Reposted from https://www.zhihu.com/question/23374078
Personal learning collection, intrusion and deletion
------------------------------------
simply put:
- Unicode is the "character set"
- UTF-8 is the "encoding rule"
among them:
- Character set: Assign a unique ID to each "character" (scientific name: code point / code point / Code Point)
- Encoding rules: the rules for converting "code points" into byte sequences (encoding/decoding can be understood as the process of encryption/decryption)

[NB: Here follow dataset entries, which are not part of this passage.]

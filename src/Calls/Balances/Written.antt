-- ===== src/Calls/Balances/Written.antt =====
-- How the free balances of fuel-vm/src/interpreter/balances.rs come to stand in the memory.
use fuel_vm.Reg
use fuel_vm.Prelude.{
  ℕ, suc, ◌+◌, ◌*◌, ◌≤◌, ◌≡◌, refl, sym, subst, ap, ◌∙◌, Option, none, some, List, [], ◌∷◌, inl,
  inr, arith, length, to_be_bytes, length-to_be_bytes, Bool-cases, leb, saturating_add,
  saturating_mul, checked_add, word_max,
}
use fuel_vm.Outcome.{ok}
use fuel_vm.Memory.{MemoryInstance, mem_size, grow_stack}
use fuel_vm.Memory.Valid.{IsValid}
use fuel_vm.Memory.Access.{Accessible, BytesAt}
use fuel_vm.Memory.Write.{stored, stored-Stores, write_bytes_noownerchecks-ok}
use fuel_vm.Memory.Grow.{StackGrown, grow_stack_lem}
use fuel_vm.Vm.{Vm, update}
use fuel_vm.Calls.Receipts.{Bytes32}
use fuel_vm.Calls.Balances.{
  Balance, RuntimeBalances, get, set_value, asset_id_len, balance_entry_size,
  vm_memory_balances_offset, entry_offset, insert_new, add_to_entry, fold_entries, sorted_by_key,
  insert_sorted, bytes_leb, try_from_iter, write_entries, to_vm, to_vm_at,
}
use fuel_vm.Calls.Balances.Totals.{total, fold_entries_inv, try_from_iter-free}
use fuel_vm.Calls.Coins.{free}
use fuel_vm.Calls.Balances.Layout.{Layout, Synced, set_value-Layout, kept, written}
use fuel_vm.Calls.Balances.Synced.{IsMirrored, set_memory_balance_inner-ok}

insert_new-Layout :
    (asset : Bytes32) (b : Balance) (start limit : ℕ) (state : RuntimeBalances)
    → length asset ≡ asset_id_len
    → Layout start limit state
    → start ≤ limit
    → limit ≤ b.offset
    → Layout start (b.offset + balance_entry_size) (insert_new asset b state)
unfolding insert_new
insert_new-Layout asset b start limit [] n l g h = (n, omega arith, omega arith, tt)
insert_new-Layout asset b start limit ((k, c) ∷ rest) n l g h = (
  l.0,
  l.1,
  omega arith,
  insert_new-Layout asset b (c.offset + balance_entry_size) limit rest n l.3 (omega arith) h,
)

widen :
    (start limit more : ℕ) (state : RuntimeBalances)
    → limit ≤ more
    → Layout start limit state
    → Layout start more state
widen start limit more [] h l = tt
widen start limit more ((k, b) ∷ rest) h l =
    (l.0, l.1, omega arith, widen (b.offset + balance_entry_size) limit more rest h l.3)

-- The first `i` places
abbrev pub places : ℕ → ℕ
places i = vm_memory_balances_offset + i * balance_entry_size

entry_offset_lem : (i : ℕ) → places i ≤ mem_size → entry_offset i ≡ places i
unfolding entry_offset saturating_add saturating_mul
entry_offset_lem i h = omega arith

add_to_entry-Layout :
    (i : ℕ) (asset : Bytes32) (amount : ℕ) (entry : Option Balance) (state : RuntimeBalances)
    {next : RuntimeBalances}
    → places i ≤ mem_size
    → length asset ≡ asset_id_len
    → Layout vm_memory_balances_offset (places i) state
    → add_to_entry i asset amount entry state ≡ some next
    → Layout vm_memory_balances_offset (places (i + 1)) next
unfolding add_to_entry
add_to_entry-Layout i asset amount none state {next} h n l e =
    elim (Bool-cases (leb (0 + amount) word_max)) [
      | inl p ↦
          let same : insert_new asset (record { value = 0 + amount; offset = entry_offset i }) state
              ≡ next =
            ground arith in
          let at = entry_offset_lem i h in
          subst (λ s. Layout vm_memory_balances_offset (places (i + 1)) s) same
            (widen vm_memory_balances_offset (entry_offset i + balance_entry_size) (places (i + 1))
              (insert_new asset (record { value = 0 + amount; offset = entry_offset i }) state)
              (omega (arith, at))
              (insert_new-Layout asset (record { value = 0 + amount; offset = entry_offset i })
                vm_memory_balances_offset (places i) state n l (omega arith) (omega (arith, at))))
      | inr p ↦ absurd (ground arith)
    ]
add_to_entry-Layout i asset amount (some b) state {next} h n l e =
    elim (Bool-cases (leb (b.value + amount) word_max)) [
      | inl p ↦
          let same : set_value asset (b.value + amount) state ≡ next = ground arith in
          subst (λ s. Layout vm_memory_balances_offset (places (i + 1)) s) same
            (widen vm_memory_balances_offset (places i) (places (i + 1))
              (set_value asset (b.value + amount) state) (omega arith)
              (set_value-Layout asset (b.value + amount) vm_memory_balances_offset (places i) state
                l))
      | inr p ↦ absurd (ground arith)
    ]

abbrev pub AllIds : List (Bytes32 × ℕ) → Type 0
AllIds [] = Unit
AllIds ((asset, amount) ∷ rest) = (length asset ≡ asset_id_len) × AllIds rest

fold_entries-Layout :
    (i : ℕ) (iter : List (Bytes32 × ℕ)) (state : RuntimeBalances) {last : RuntimeBalances}
    → places (i + length iter) ≤ mem_size
    → AllIds iter
    → Layout vm_memory_balances_offset (places i) state
    → fold_entries i iter state ≡ some last
    → Layout vm_memory_balances_offset (places (i + length iter)) last
unfolding fold_entries
fold_entries-Layout i [] state {last} h n l e =
    let same : state ≡ last = cc in
    subst (λ s. Layout vm_memory_balances_offset (places (i + 0)) s) same
      (widen vm_memory_balances_offset (places i) (places (i + 0)) state (omega arith) l)
fold_entries-Layout i ((asset, amount) ∷ rest) state {last} h n l e =
    let (next, f, g) = fold_entries_inv i asset amount rest state e in
    let l' = add_to_entry-Layout i asset amount (get asset state) state (omega arith) n.0 l f in
    subst (λ k. Layout vm_memory_balances_offset (places k) last) (omega arith)
      (fold_entries-Layout (i + 1) rest next (omega arith) n.1 l' g)

-- The entries are written, and nothing below them changes.
write_entries-Synced :
    (start limit : ℕ) (state : RuntimeBalances) (m : MemoryInstance)
    → IsValid m
    → limit ≤ length m.stack
    → Layout start limit state
    → (m' : MemoryInstance) × (write_entries state m ≡ ok m')
      × IsValid m'
      × (length m'.stack ≡ length m.stack)
      × Synced m' state
      × ((c n : ℕ) (bs : List ℕ) → c + n ≤ start → BytesAt m c n bs → BytesAt m' c n bs)
unfolding write_entries
write_entries-Synced start limit [] m v h l = (m, refl, v, refl, tt, λ c n bs k at. at)
write_entries-Synced start limit ((asset, b) ∷ rest) m v h l =
    let n = length-to_be_bytes 8 b.value in
    let m₁ = stored m b.offset asset in
    let here : Accessible m b.offset (length asset) = (omega arith, inl (omega arith)) in
    let s₁ = stored-Stores m b.offset asset v here in
    let value = to_be_bytes 8 b.value in
    let there : Accessible m₁ (b.offset + asset_id_len) (length value) =
      (omega (arith, s₁.same_stack), inl (omega (arith, s₁.same_stack))) in
    let s₂ = stored-Stores m₁ (b.offset + asset_id_len) value s₁.valid there in
    let m₂ = stored m₁ (b.offset + asset_id_len) value in
    let (m', e, v', t, y, below) =
      write_entries-Synced (b.offset + balance_entry_size) limit rest m₂ s₂.valid
        (omega (arith, s₁.same_stack, s₂.same_stack)) l.3 in
    (
      m',
      rw
          (
            write_bytes_noownerchecks-ok m b.offset asset v here,
            set_memory_balance_inner-ok b m₁ s₁.valid (omega arith) there,
            e,
          )
          refl,
      v',
      omega (arith, t, s₂.same_stack, s₁.same_stack),
      (
        below b.offset asset_id_len asset (omega arith) (
            kept m₁ m₂ (b.offset + asset_id_len) asset_id_len b.offset value asset s₂
              (inr (omega arith))
              (subst (λ k. BytesAt m₁ b.offset k asset) l.0 (written m m₁ b.offset asset s₁))),
        below (b.offset + asset_id_len) 8 value (omega arith) (
            subst (λ k. BytesAt m₂ (b.offset + asset_id_len) k value) n
              (written m₁ m₂ (b.offset + asset_id_len) value s₂)),
        y,
      ),
      λ c k bs before at. below c k bs (omega arith) (
          kept m₁ m₂ (b.offset + asset_id_len) k c value bs s₂ (inr (omega arith))
            (kept m m₁ b.offset k c asset bs s₁ (inr (omega arith)) at)),
    )

room :
    (ssp n : ℕ)
    → ssp ≡ vm_memory_balances_offset
    → places n ≤ mem_size
    → checked_add ssp (saturating_mul n balance_entry_size) ≡ some (places n)
unfolding saturating_mul
room ssp n s h = ground arith

grow_ok :
    (m : MemoryInstance) (new_sp : ℕ)
    → IsValid m
    → new_sp ≤ m.hp
    → (m' : MemoryInstance) × (grow_stack m new_sp ≡ ok m') × StackGrown m new_sp m'
grow_ok m new_sp v h = elim (grow_stack_lem m new_sp v) [
  | inl (l, r) ↦ r
  | inr (inl r) ↦ absurd (omega arith)
  | inr (inr r) ↦ absurd (omega arith)
]

insert_sorted-AllIds :
    (x : Bytes32 × ℕ) (xs : List (Bytes32 × ℕ))
    → length x.0 ≡ asset_id_len
    → AllIds xs
    → AllIds (insert_sorted x xs) × (length (insert_sorted x xs) ≡ suc (length xs))
unfolding insert_sorted
insert_sorted-AllIds x [] h a = ((h, tt), refl)
insert_sorted-AllIds x (y ∷ ys) h a = elim (Bool-cases (bytes_leb x.0 y.0)) [
  | inl p ↦ rw (p) ((h, a), refl)
  | inr p ↦ let (b, n) = insert_sorted-AllIds x ys h a.1 in rw (p) ((a.0, b), omega (arith, n))
]

sorted_by_key-AllIds :
    (xs : List (Bytes32 × ℕ))
    → AllIds xs
    → AllIds (sorted_by_key xs) × (length (sorted_by_key xs) ≡ length xs)
unfolding sorted_by_key
sorted_by_key-AllIds [] a = (tt, refl)
sorted_by_key-AllIds (x ∷ xs) a =
    let (b, n) = sorted_by_key-AllIds xs a.1 in
    let (c, k) = insert_sorted-AllIds x (sorted_by_key xs) a.0 b in (c, omega (arith, n, k))

-- Balances that were made from a list of at most as many entries as the transaction may have inputs
-- are written at the start of the stack of a machine whose `$ssp` stands there, if there is room.
-- The host does not stop, `$ssp` moves behind the entries, and the memory mirrors the balances,
-- each identifier and its value at the entry's offset. Every asset has the sum of its amounts in the
-- list.
pub to_vm-IsMirrored :
    (iter : List (Bytes32 × ℕ)) (max_inputs : ℕ) (vm : Vm) {state : RuntimeBalances}
    → AllIds iter
    → length iter ≤ max_inputs
    → try_from_iter iter ≡ some state
    → IsValid vm.memory
    → vm.registers Reg.ssp ≡ vm_memory_balances_offset
    → places max_inputs ≤ vm.memory.hp
    → (vm' : Vm) × (to_vm max_inputs state vm ≡ ok vm')
      × (vm'.registers Reg.ssp ≡ places max_inputs)
      × IsMirrored vm_memory_balances_offset state vm'.memory
      × ((asset : Bytes32) → free state asset ≡ total asset iter)
unfolding try_from_iter to_vm to_vm_at
to_vm-IsMirrored iter max_inputs vm {state} a n e v s h =
    let (b, k) = sorted_by_key-AllIds iter a in
    let l = fold_entries-Layout 0 (sorted_by_key iter) [] (omega arith) b tt e in
    let (m, f, g) = grow_ok vm.memory (places max_inputs) v h in
    let wide =
      widen vm_memory_balances_offset (places (0 + length (sorted_by_key iter))) (length m.stack)
        state (omega (arith, g.covers)) l in
    let (m', r, v', t, y, below) =
      write_entries-Synced vm_memory_balances_offset (length m.stack) state m g.valid (omega arith)
        wide in
    (
      record vm { registers = update vm.registers Reg.ssp (places max_inputs); memory = m' },
      ap (to_vm_at state vm) (room (vm.registers Reg.ssp) max_inputs s (omega arith))
          ∙ (rw (f, r) refl),
      refl,
      record {
        valid = v';
        layout = subst (λ n. Layout vm_memory_balances_offset n state) (sym t) wide;
        synced = y;
      },
      λ asset. try_from_iter-free iter asset e,
    )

Unicode in a broad sense is a standard that defines a character set and a series of encoding rules, that is, Unicode character set and UTF-8, UTF-16, UTF-32, etc. encoding...

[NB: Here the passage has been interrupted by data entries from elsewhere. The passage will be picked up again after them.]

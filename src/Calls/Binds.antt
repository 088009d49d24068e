-- ===== src/Calls/Binds.antt =====
-- Chains of the interpreter's methods (fuel-vm/src/interpreter) that succeed,
-- and what holds after them.
use fuel_vm.Prelude.{◌≡◌, ap, ◌∙◌, subst}
use fuel_vm.Outcome.{Result, ok, err}
use fuel_vm.Calls.{Interpreter, Handler, pure, ◌>>=◌}

module _ {A B : Type 0} where
  unfoldable pub then_run : (A → Handler B) → Result A × Interpreter → Result B × Interpreter
  then_run f (r, s) = elim r [ ok a ↦ f a s | err e ↦ (err e, s) ]

  -- A step that succeeds, and the rest from its result
  pub bind_ok :
      (m : Handler A) (f : A → Handler B) (s : Interpreter) {a : A} {t : Interpreter}
      {r : Result B × Interpreter}
      → m s ≡ (ok a, t)
      → f a t ≡ r
      → (m >>= f) s ≡ r
  unfolding then_run
  bind_ok m f s e g = ap (then_run f) e ∙ g

abbrev pub Ended : {A : Type 0} → (A → Interpreter → Type 0) → Result A × Interpreter → Type 0
Ended P (ok a, t) = P a t
Ended P (err e, t) = Unit

-- If `m` succeeds from `s`, its value and the state satisfy `P`.
pub record Ends {A : Type 0} (P : A → Interpreter → Type 0) (m : Handler A) (s : Interpreter)
    : Type 0 where
  pub ends : Ended P (m s)

module _ {A B : Type 0} where
  ended :
      (P : A → Interpreter → Type 0) (Q : B → Interpreter → Type 0) (f : A → Handler B)
      (q : Result A × Interpreter)
      → Ended P q
      → ((a : A) (t : Interpreter) → P a t → Ends Q (f a) t)
      → Ended Q (then_run f q)
  unfolding then_run
  ended P Q f (ok a, t) h k = (k a t h).ends
  ended P Q f (err e, t) h k = tt

  pub Ends-bind :
      {P : A → Interpreter → Type 0} {Q : B → Interpreter → Type 0} {m : Handler A}
      {f : A → Handler B} {s : Interpreter}
      → Ends P m s
      → ((a : A) (t : Interpreter) → P a t → Ends Q (f a) t)
      → Ends Q (m >>= f) s
  unfolding then_run
  Ends-bind {P} {Q} {m} {f} {s} h k = record { ends = ended P Q f (m s) h.ends k }

pub Ends-ok :
    {A : Type 0} {P : A → Interpreter → Type 0} {m : Handler A} {s : Interpreter} {a : A}
    → Ends P m s
    → (m s).0 ≡ ok a
    → P a (m s).1
Ends-ok {A} {P} {m} {s} {a} h e = subst (λ (r : Result A). Ended P (r, (m s).1)) e h.ends

pub pure-Ends :
    {A : Type 0} {P : A → Interpreter → Type 0} (a : A) (s : Interpreter)
    → P a s
    → Ends P (pure a) s
pure-Ends a s h = record { ends = h }

weaker :
    {A : Type 0} (P Q : A → Interpreter → Type 0) (r : Result A × Interpreter)
    → ((a : A) (t : Interpreter) → P a t → Q a t)
    → Ended P r
    → Ended Q r
weaker P Q (ok a, t) h e = h a t e
weaker P Q (err x, t) h e = tt

pub Ends-map :
    {A : Type 0} {P Q : A → Interpreter → Type 0} {m : Handler A} {s : Interpreter}
    → ((a : A) (t : Interpreter) → P a t → Q a t)
    → Ends P m s
    → Ends Q m s
Ends-map {P = P} {Q = Q} {m = m} {s = s} h e = record { ends = weaker P Q (m s) h e.ends }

The Unicode character set assigns a code point to each character. For example, the code point of "knowledge" is 30693, which is recorded as U+77E5 (30693 hexadecimal notation is 0x77E5).

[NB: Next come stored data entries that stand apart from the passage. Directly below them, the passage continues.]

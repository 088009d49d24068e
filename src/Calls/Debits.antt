-- ===== src/Calls/Debits.antt =====
-- What the single steps of transfers, mints and burns (fuel-vm/src/interpreter/contract.rs and
-- blockchain.rs) do to the coins.
use fuel_vm.Prelude.{
  ℕ, ◌+◌, ◌≡◌, refl, sym, Bool, true, false, Option, none, some, ◌&&◌, arith, tests, leb, ◌==◌,
  if◌then◌else◌, Bool-cases, inl, inr, word_max, saturating_mul,
}
use fuel_vm.Outcome.{Error, Result, ok, err, panic, PanicReason}
use fuel_vm.Memory.{read}
use fuel_vm.Memory.Rollback.{bytes_eq}
use fuel_vm.Vm
use fuel_vm.Vm.{Action}
use fuel_vm.Vm.Gas
use fuel_vm.Calls.Receipts
use fuel_vm.Calls.Receipts.{Bytes32, Receipt, ReceiptsCtx}
use fuel_vm.Calls.Balances.{Changed, checked_balance_sub}
use fuel_vm.Calls.{
  Interpreter, Parameters, on_vm, from_result, gets, reg, raise_if, read_id, contains,
  check_contract_in_inputs, external_asset_id_balance_sub, push_receipt,
}
use fuel_vm.Calls.Binds.{Ended, Ends}
use fuel_vm.Calls.Contract.{balance, balance_increase, balance_decrease, debit, charge_new_entry}
use fuel_vm.Calls.Coins.{at_key, free, Debited, sub-free, nothing, zero_test, decreased, increased}

settled :
    (asset_id : Bytes32) (amount : ℕ) (s : Interpreter) (r : Changed)
    → ((v : ℕ)
        → r.0 ≡ some v
        → (a : Bytes32)
        → free r.1 a + (if bytes_eq asset_id a then amount else 0) ≡ free s.balances a)
    → Ended {A = Unit {0}}
        (λ _ t. Debited none asset_id amount s t)
        (elim r.0 [
          | some v ↦ (ok tt, record s { balances = r.1; vm = record s.vm { memory = r.2 } })
          | none ↦ (
            err (panic PanicReason.not_enough_balance),
            record s { balances = r.1; vm = record s.vm { memory = r.2 } },
          )
        ])
settled asset_id amount s (none, state, m) h = tt
settled asset_id amount s (some v, state, m) h = record {
  contracts = λ c a. omega arith;
  outside = h v refl;
}

pub debit-Ends :
    (source : Option Bytes32) (asset_id : Bytes32) (amount : ℕ) (s : Interpreter)
    → Ends (λ _ t. Debited source asset_id amount s t) (debit source asset_id amount) s
unfolding debit balance_decrease external_asset_id_balance_sub
debit-Ends none asset_id amount s = record {
  ends =
      settled asset_id amount s (checked_balance_sub asset_id amount s.balances s.vm.memory)
        (λ v e a. sub-free asset_id a amount s.balances s.vm.memory e);
}
debit-Ends (some id) asset_id amount s = elim (Bool-cases (amount == 0)) [
  | inl p ↦ record {
    ends = rw (p) (record {
      contracts = λ c a.
          nothing (bytes_eq id c && bytes_eq asset_id a) (balance s.storage c a) amount
            (zero_test amount p);
      outside = λ a. omega arith;
    });
  }
  | inr p ↦ elim (Bool-cases (leb amount (balance s.storage id asset_id))) [
    | inl q ↦ record {
      ends =
          rw (p, q)
            (record {
              contracts = λ c a. decreased s.storage id asset_id c a amount (omega tests);
              outside = λ a. omega arith;
            });
    }
    | inr q ↦ record { ends = rw (p, q) tt }
  ]
]

-- What has come to a contract
pub record Credited (to asset_id : Bytes32) (amount : ℕ) (s t : Interpreter) : Type 0 where
  pub contracts :
      (c a : Bytes32)
      → balance t.storage c a ≡ balance s.storage c a + at_key to asset_id c a amount
  pub balances : t.balances ≡ s.balances

pub balance_increase-Ends :
    (to asset_id : Bytes32) (amount : ℕ) (s : Interpreter)
    → Ends (λ _ t. Credited to asset_id amount s t) (balance_increase to asset_id amount) s
unfolding balance_increase
balance_increase-Ends to asset_id amount s = elim (Bool-cases (amount == 0)) [
  | inl p ↦ record {
    ends = rw (p) (record {
      contracts = λ c a. sym (
          nothing (bytes_eq to c && bytes_eq asset_id a) (balance s.storage c a) amount
            (zero_test amount p));
      balances = refl;
    });
  }
  | inr p ↦ elim (Bool-cases (leb (balance s.storage to asset_id + amount) word_max)) [
    | inl q ↦ record {
      ends =
          rw (p, q)
            (record {
              contracts = λ c a. increased s.storage to asset_id c a amount;
              balances = refl;
            });
    }
    | inr q ↦ record { ends = rw (p, q) tt }
  ]
]

pub record SameCoins (s t : Interpreter) : Type 0 where
  pub storage : t.storage ≡ s.storage
  pub balances : t.balances ≡ s.balances

on_vm_result :
    {A : Type 0} (s : Interpreter) (q : Result A × Vm.Vm)
    → Ended (λ _ t. SameCoins s t) (q.0, record s { vm = q.1 })
on_vm_result s (ok a, vm) = record { storage = refl; balances = refl }
on_vm_result s (err e, vm) = tt

pub on_vm-Ends :
    {A : Type 0} (m : Action A) (s : Interpreter) → Ends (λ _ t. SameCoins s t) (on_vm m) s
on_vm-Ends m s = record { ends = on_vm_result s (m s.vm) }

pub charge_new_entry-Ends :
    (p : Parameters) (new : Bool) (s : Interpreter)
    → Ends (λ _ t. SameCoins s t) (charge_new_entry p new) s
unfolding charge_new_entry
charge_new_entry-Ends p false s = record { ends = record { storage = refl; balances = refl } }
charge_new_entry-Ends p true s =
    on_vm-Ends (Gas.gas_charge (saturating_mul 40 p.new_storage_per_byte)) s

pushed :
    (s : Interpreter) (r : Result ReceiptsCtx)
    → Ended {A = Unit {0}}
        (λ _ t. SameCoins s t)
        (elim r [ ok ctx ↦ (ok tt, record s { receipts = ctx }) | err e ↦ (err e, s) ])
pushed s (ok ctx) = record { storage = refl; balances = refl }
pushed s (err e) = tt

pub push_receipt-Ends :
    (p : Parameters) (receipt : Receipt) (s : Interpreter)
    → Ends (λ _ t. SameCoins s t) (push_receipt p receipt) s
unfolding push_receipt
push_receipt-Ends p receipt s = record {
  ends = pushed s (Receipts.push p.sha256 p.to_bytes receipt s.receipts);
}

-- Steps that read, or that stop
reads : {A : Type 0} (s : Interpreter) (r : Result A) → Ended (λ a t. (r ≡ ok a) × (t ≡ s)) (r, s)
reads s (ok a) = (refl, refl)
reads s (err e) = tt

pub read_id-Ends :
    (addr : ℕ) (s : Interpreter)
    → Ends (λ id t. (read s.vm.memory addr 32 ≡ ok id) × (t ≡ s)) (read_id addr) s
read_id-Ends addr s = record { ends = reads s (read s.vm.memory addr 32) }

pub from_result-Ends :
    {A : Type 0} (r : Result A) (s : Interpreter)
    → Ends (λ a t. (r ≡ ok a) × (t ≡ s)) (from_result r) s
from_result-Ends r s = record { ends = reads s r }

pub gets-Ends :
    {A : Type 0} (f : Interpreter → A) (s : Interpreter)
    → Ends (λ a t. (a ≡ f s) × (t ≡ s)) (gets f) s
gets-Ends f s = record { ends = (refl, refl) }

pub reg-Ends : (r : ℕ) (s : Interpreter) → Ends (λ _ t. t ≡ s) (reg r) s
reg-Ends r s = record { ends = refl }

pub check_contract_in_inputs-Ends :
    (id : Bytes32) (s : Interpreter)
    → Ends (λ _ t. (contains s.input_contracts id ≡ true) × (t ≡ s)) (check_contract_in_inputs id) s
unfolding check_contract_in_inputs
check_contract_in_inputs-Ends id s = elim (Bool-cases (contains s.input_contracts id)) [
  | inl p ↦ record { ends = rw (p) (refl, refl) }
  | inr p ↦ record { ends = rw (p) tt }
]

pub raise_if-Ends :
    (c : Bool) (e : Error) (s : Interpreter) → Ends (λ _ t. (c ≡ false) × (t ≡ s)) (raise_if c e) s
raise_if-Ends true e s = record { ends = tt }
raise_if-Ends false e s = record { ends = (refl, refl) }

UTF-8, as its name implies, is a set of variable-length codes with 8 bits as an encoding unit. Will encode a code point into 1 to 4 bytes:
U+ 0000 ~ U+ 007F: 0XXXXXXX
U+ 0080 ~ U+ 07FF: 110XXXXX 10XXXXXX
U+ 0800 ~ U+ FFFF: 1110XXXX 10XXXXXX 10XXXXXX
U+10000 ~ U+10FFFF: 11110XXX 10XXXXXX 10XXXXXX 10XXXXXX
According to the coding rules in the above table, the code bit U+77E5 of the previous "knowledge" character belongs to the range of the third line:
7 7 E 5
0111 0111 1110 0101 二进制的 77E5
--------------------------
0111 011111 100101 二进制的 77E5
1110XXXX 10XXXXXX 10XXXXXX 模版(上表第三行)
11100111 10011111 10100101 代入模版
E 7 9 F A 5
This is the process of encoding U+77E5 into the byte sequence E79FA5 according to UTF-8. vice versa.